**Data shown:**
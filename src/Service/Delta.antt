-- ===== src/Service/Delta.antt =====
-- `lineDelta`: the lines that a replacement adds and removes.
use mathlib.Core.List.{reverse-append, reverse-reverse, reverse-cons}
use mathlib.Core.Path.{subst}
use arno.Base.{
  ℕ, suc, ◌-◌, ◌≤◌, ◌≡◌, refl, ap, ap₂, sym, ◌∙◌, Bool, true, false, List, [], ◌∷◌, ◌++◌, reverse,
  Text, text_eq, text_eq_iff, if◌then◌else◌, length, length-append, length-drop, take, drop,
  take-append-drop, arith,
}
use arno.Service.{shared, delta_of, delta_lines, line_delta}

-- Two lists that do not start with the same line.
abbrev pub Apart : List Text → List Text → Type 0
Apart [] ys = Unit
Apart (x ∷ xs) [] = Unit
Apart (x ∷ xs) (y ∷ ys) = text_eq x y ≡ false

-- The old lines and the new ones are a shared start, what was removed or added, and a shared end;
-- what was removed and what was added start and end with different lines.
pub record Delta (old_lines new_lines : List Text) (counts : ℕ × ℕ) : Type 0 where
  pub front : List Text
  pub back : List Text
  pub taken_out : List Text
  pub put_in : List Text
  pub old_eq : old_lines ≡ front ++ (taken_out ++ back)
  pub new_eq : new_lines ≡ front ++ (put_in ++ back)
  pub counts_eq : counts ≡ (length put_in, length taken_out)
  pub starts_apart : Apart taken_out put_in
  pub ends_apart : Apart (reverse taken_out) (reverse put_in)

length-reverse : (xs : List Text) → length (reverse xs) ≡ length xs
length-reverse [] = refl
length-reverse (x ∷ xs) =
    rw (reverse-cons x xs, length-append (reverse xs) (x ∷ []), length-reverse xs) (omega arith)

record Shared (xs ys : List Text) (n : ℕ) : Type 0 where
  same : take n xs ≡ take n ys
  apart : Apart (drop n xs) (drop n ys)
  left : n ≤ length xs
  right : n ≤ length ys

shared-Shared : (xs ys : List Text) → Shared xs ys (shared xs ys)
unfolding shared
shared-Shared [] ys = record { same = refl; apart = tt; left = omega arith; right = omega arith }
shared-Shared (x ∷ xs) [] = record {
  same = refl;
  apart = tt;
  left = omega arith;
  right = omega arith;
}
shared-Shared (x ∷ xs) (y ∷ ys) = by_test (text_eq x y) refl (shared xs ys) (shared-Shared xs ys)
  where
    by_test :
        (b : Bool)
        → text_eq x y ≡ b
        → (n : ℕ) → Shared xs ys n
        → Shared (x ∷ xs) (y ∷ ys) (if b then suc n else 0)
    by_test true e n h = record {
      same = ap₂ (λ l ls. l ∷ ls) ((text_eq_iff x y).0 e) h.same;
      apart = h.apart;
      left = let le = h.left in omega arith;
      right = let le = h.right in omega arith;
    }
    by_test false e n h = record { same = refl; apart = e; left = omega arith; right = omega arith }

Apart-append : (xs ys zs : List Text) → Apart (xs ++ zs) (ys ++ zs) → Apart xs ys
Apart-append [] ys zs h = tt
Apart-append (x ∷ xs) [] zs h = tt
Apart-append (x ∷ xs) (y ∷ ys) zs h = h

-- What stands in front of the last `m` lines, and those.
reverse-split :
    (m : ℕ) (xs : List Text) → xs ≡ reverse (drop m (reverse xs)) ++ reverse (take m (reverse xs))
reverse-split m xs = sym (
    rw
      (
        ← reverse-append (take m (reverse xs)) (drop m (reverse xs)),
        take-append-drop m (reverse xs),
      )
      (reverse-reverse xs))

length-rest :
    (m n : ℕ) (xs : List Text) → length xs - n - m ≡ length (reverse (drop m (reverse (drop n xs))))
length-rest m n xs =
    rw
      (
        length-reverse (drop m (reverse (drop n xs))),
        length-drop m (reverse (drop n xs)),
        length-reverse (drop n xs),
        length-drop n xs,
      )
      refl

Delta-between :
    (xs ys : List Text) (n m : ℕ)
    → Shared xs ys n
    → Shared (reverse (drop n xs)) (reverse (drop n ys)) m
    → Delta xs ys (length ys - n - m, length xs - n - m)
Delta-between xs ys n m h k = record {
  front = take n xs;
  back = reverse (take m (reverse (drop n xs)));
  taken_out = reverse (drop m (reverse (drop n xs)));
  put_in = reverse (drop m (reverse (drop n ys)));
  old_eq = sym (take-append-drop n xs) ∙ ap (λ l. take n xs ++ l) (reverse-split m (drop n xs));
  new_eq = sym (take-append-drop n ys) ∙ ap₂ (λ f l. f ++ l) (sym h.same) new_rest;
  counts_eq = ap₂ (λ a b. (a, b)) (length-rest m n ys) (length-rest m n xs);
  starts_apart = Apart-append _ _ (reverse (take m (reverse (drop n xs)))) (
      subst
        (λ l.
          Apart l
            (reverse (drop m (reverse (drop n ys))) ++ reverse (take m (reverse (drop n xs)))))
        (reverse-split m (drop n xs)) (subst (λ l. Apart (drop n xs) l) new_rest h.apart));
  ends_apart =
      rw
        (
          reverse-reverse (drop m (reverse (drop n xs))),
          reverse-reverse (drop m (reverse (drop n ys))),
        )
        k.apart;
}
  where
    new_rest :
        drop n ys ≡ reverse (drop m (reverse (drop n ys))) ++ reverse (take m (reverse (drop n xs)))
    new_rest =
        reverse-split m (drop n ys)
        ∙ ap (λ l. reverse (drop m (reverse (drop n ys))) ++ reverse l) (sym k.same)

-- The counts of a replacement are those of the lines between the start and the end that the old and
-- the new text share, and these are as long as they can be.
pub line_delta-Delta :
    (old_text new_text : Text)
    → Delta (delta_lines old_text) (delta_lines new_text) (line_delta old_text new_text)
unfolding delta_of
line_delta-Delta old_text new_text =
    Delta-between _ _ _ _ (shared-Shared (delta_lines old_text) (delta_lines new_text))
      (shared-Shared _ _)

**Required action:** What is needed here is an exact copy of every record.

**Task output:**
filename src/Service/Delta.antt
-- ===== src/Service/Delta.antt =====
-- `lineDelta`: the lines that a replacement adds and removes.
use mathlib.Core.List.{reverse-append, reverse-reverse, reverse-cons}
use mathlib.Core.Path.{subst}
use arno.Base.{
  ℕ, suc, ◌-◌, ◌≤◌, ◌≡◌, refl, ap, ap₂, sym, ◌∙◌, Bool, true, false, List, [], ◌∷◌, ◌++◌, reverse,
  Text, text_eq, text_eq_iff, if◌then◌else◌, length, length-append, length-drop, take, drop,
  take-append-drop, arith,
}
use arno.Service.{shared, delta_of, delta_lines, line_delta}

-- Two lists that do not start with the same line.
abbrev pub Apart : List Text → List Text → Type 0
Apart [] ys = Unit
Apart (x ∷ xs) [] = Unit
Apart (x ∷ xs) (y ∷ ys) = text_eq x y ≡ false

-- The old lines and the new ones are a shared start, what was removed or added, and a shared end;
-- what was removed and what was added start and end with different lines.
pub record Delta (old_lines new_lines : List Text) (counts : ℕ × ℕ) : Type 0 where
  pub front : List Text
  pub back : List Text
  pub taken_out : List Text
  pub put_in : List Text
  pub old_eq : old_lines ≡ front ++ (taken_out ++ back)
  pub new_eq : new_lines ≡ front ++ (put_in ++ back)
  pub counts_eq : counts ≡ (length put_in, length taken_out)
  pub starts_apart : Apart taken_out put_in
  pub ends_apart : Apart (reverse taken_out) (reverse put_in)

length-reverse : (xs : List Text) → length (reverse xs) ≡ length xs
length-reverse [] = refl
length-reverse (x ∷ xs) =
    rw (reverse-cons x xs, length-append (reverse xs) (x ∷ []), length-reverse xs) (omega arith)

record Shared (xs ys : List Text) (n : ℕ) : Type 0 where
  same : take n xs ≡ take n ys
  apart : Apart (drop n xs) (drop n ys)
  left : n ≤ length xs
  right : n ≤ length ys

shared-Shared : (xs ys : List Text) → Shared xs ys (shared xs ys)
unfolding shared
shared-Shared [] ys = record { same = refl; apart = tt; left = omega arith; right = omega arith }
shared-Shared (x ∷ xs) [] = record {
  same = refl;
  apart = tt;
  left = omega arith;
  right = omega arith;
}
shared-Shared (x ∷ xs) (y ∷ ys) = by_test (text_eq x y) refl (shared xs ys) (shared-Shared xs ys)
  where
    by_test :
        (b : Bool)
        → text_eq x y ≡ b
        → (n : ℕ) → Shared xs ys n
        → Shared (x ∷ xs) (y ∷ ys) (if b then suc n else 0)
    by_test true e n h = record {
      same = ap₂ (λ l ls. l ∷ ls) ((text_eq_iff x y).0 e) h.same;
      apart = h.apart;
      left = let le = h.left in omega arith;
      right = let le = h.right in omega arith;
    }
    by_test false e n h = record { same = refl; apart = e; left = omega arith; right = omega arith }

Apart-append : (xs ys zs : List Text) → Apart (xs ++ zs) (ys ++ zs) → Apart xs ys
Apart-append [] ys zs h = tt
Apart-append (x ∷ xs) [] zs h = tt
Apart-append (x ∷ xs) (y ∷ ys) zs h = h

-- What stands in front of the last `m` lines, and those.
reverse-split :
    (m : ℕ) (xs : List Text) → xs ≡ reverse (drop m (reverse xs)) ++ reverse (take m (reverse xs))
reverse-split m xs = sym (
    rw
      (
        ← reverse-append (take m (reverse xs)) (drop m (reverse xs)),
        take-append-drop m (reverse xs),
      )
      (reverse-reverse xs))

length-rest :
    (m n : ℕ) (xs : List Text) → length xs - n - m ≡ length (reverse (drop m (reverse (drop n xs))))
length-rest m n xs =
    rw
      (
        length-reverse (drop m (reverse (drop n xs))),
        length-drop m (reverse (drop n xs)),
        length-reverse (drop n xs),
        length-drop n xs,
      )
      refl

Delta-between :
    (xs ys : List Text) (n m : ℕ)
    → Shared xs ys n
    → Shared (reverse (drop n xs)) (reverse (drop n ys)) m
    → Delta xs ys (length ys - n - m, length xs - n - m)
Delta-between xs ys n m h k = record {
  front = take n xs;
  back = reverse (take m (reverse (drop n xs)));
  taken_out = reverse (drop m (reverse (drop n xs)));
  put_in = reverse (drop m (reverse (drop n ys)));
  old_eq = sym (take-append-drop n xs) ∙ ap (λ l. take n xs ++ l) (reverse-split m (drop n xs));
  new_eq = sym (take-append-drop n ys) ∙ ap₂ (λ f l. f ++ l) (sym h.same) new_rest;
  counts_eq = ap₂ (λ a b. (a, b)) (length-rest m n ys) (length-rest m n xs);
  starts_apart = Apart-append _ _ (reverse (take m (reverse (drop n xs)))) (
      subst
        (λ l.
          Apart l
            (reverse (drop m (reverse (drop n ys))) ++ reverse (take m (reverse (drop n xs)))))
        (reverse-split m (drop n xs)) (subst (λ l. Apart (drop n xs) l) new_rest h.apart));
  ends_apart =
      rw
        (
          reverse-reverse (drop m (reverse (drop n xs))),
          reverse-reverse (drop m (reverse (drop n ys))),
        )
        k.apart;
}
  where
    new_rest :
        drop n ys ≡ reverse (drop m (reverse (drop n ys))) ++ reverse (take m (reverse (drop n xs)))
    new_rest =
        reverse-split m (drop n ys)
        ∙ ap (λ l. reverse (drop m (reverse (drop n ys))) ++ reverse l) (sym k.same)

-- The counts of a replacement are those of the lines between the start and the end that the old and
-- the new text share, and these are as long as they can be.
pub line_delta-Delta :
    (old_text new_text : Text)
    → Delta (delta_lines old_text) (delta_lines new_text) (line_delta old_text new_text)
unfolding delta_of
line_delta-Delta old_text new_text =
    Delta-between _ _ _ _ (shared-Shared (delta_lines old_text) (delta_lines new_text))
      (shared-Shared _ _)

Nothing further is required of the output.